[Collected data]
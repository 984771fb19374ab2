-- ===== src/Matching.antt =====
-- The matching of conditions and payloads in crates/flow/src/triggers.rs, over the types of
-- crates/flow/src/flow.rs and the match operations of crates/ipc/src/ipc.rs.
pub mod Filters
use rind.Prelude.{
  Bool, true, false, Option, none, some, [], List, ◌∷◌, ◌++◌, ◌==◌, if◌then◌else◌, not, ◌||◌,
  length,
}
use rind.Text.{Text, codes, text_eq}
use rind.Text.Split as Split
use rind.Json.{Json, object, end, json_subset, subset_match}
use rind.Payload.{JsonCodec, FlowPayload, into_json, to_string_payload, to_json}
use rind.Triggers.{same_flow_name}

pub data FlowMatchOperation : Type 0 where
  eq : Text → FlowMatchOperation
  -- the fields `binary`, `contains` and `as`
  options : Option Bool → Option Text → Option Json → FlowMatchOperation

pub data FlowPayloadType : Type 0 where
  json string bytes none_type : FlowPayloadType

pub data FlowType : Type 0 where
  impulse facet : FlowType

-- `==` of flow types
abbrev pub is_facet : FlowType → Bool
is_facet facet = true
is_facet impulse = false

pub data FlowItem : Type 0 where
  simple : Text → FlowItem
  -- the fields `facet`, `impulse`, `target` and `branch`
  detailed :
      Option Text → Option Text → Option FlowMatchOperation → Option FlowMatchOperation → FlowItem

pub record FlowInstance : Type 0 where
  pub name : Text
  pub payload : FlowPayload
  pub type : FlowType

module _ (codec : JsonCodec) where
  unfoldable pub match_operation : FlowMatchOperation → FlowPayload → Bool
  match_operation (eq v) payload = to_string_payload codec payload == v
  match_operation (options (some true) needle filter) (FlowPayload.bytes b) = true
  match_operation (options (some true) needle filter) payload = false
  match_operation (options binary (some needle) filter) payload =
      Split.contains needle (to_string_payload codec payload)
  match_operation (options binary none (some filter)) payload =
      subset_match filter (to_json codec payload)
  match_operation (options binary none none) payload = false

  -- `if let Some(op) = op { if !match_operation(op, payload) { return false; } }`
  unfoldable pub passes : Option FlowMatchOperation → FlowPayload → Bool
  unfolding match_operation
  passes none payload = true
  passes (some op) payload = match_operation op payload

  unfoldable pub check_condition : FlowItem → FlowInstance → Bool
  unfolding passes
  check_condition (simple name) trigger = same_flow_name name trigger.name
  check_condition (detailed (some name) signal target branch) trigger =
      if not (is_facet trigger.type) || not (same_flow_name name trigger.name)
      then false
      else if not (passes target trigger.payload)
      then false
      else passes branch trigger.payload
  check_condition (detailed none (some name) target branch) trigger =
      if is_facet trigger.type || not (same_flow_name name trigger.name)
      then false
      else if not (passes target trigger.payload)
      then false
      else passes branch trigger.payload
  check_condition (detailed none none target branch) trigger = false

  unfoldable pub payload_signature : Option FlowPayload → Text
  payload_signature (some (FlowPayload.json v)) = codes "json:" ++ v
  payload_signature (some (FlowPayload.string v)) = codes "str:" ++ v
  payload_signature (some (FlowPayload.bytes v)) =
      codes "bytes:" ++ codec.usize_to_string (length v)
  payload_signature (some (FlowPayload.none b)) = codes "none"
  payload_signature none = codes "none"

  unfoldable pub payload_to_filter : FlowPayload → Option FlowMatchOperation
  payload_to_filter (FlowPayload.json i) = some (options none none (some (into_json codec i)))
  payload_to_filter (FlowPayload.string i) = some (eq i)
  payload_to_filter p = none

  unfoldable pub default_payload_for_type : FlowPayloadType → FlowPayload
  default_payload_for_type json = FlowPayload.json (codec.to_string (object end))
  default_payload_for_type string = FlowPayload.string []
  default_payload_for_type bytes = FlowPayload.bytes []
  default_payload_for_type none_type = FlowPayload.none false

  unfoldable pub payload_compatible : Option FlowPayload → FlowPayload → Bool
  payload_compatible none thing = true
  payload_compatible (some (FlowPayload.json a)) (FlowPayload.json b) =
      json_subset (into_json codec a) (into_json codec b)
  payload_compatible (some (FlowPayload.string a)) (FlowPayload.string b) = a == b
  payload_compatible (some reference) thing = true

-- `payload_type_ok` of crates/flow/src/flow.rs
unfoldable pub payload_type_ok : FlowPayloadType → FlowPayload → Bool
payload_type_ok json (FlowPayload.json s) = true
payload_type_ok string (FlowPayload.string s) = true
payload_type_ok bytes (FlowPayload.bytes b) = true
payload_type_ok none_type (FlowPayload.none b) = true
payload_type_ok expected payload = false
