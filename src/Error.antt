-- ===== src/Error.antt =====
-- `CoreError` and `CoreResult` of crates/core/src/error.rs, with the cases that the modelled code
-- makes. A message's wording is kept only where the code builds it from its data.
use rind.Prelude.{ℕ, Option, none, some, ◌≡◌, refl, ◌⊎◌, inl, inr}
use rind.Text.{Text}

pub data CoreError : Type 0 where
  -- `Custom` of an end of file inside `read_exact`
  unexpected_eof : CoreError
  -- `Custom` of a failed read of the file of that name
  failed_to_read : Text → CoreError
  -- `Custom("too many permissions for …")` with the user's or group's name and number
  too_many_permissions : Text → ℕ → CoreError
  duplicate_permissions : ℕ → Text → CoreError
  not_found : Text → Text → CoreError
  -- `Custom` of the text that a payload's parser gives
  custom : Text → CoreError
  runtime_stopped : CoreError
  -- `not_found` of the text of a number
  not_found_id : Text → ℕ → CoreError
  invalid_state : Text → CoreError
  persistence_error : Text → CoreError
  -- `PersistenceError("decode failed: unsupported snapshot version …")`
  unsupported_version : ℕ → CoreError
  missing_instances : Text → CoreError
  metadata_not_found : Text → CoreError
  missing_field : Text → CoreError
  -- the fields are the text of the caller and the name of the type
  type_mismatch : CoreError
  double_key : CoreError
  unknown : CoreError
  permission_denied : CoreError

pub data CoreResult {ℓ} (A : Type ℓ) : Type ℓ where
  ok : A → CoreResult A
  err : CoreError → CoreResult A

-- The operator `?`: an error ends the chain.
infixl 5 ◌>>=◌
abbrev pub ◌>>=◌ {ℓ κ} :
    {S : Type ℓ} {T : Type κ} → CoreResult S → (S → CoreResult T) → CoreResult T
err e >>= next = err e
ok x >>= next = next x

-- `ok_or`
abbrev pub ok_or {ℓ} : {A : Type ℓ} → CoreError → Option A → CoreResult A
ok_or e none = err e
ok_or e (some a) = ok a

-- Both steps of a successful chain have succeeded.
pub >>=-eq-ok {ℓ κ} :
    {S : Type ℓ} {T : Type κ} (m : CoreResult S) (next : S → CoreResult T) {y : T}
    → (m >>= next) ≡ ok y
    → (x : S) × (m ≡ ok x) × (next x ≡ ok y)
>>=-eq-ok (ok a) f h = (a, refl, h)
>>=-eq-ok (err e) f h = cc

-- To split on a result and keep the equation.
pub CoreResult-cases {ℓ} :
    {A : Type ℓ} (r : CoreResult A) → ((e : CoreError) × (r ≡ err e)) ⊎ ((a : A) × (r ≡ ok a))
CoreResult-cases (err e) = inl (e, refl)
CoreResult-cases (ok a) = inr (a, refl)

◆ WORK INSTRUCTIONS
Scan the records above for the lines holding "use rind.Text.Split as Split" and "json string bytes". Transcribe those two and every line between them word for word, and no others.

◆ WRITTEN ANSWER
use rind.Text.Split as Split
use rind.Json.{Json, object, end, json_subset, subset_match}
use rind.Payload.{JsonCodec, FlowPayload, into_json, to_string_payload, to_json}
use rind.Triggers.{same_flow_name}

pub data FlowMatchOperation : Type 0 where
  eq : Text → FlowMatchOperation
  -- the fields `binary`, `contains` and `as`
  options : Option Bool → Option Text → Option Json → FlowMatchOperation

pub data FlowPayloadType : Type 0 where
  json string bytes none_type : FlowPayloadType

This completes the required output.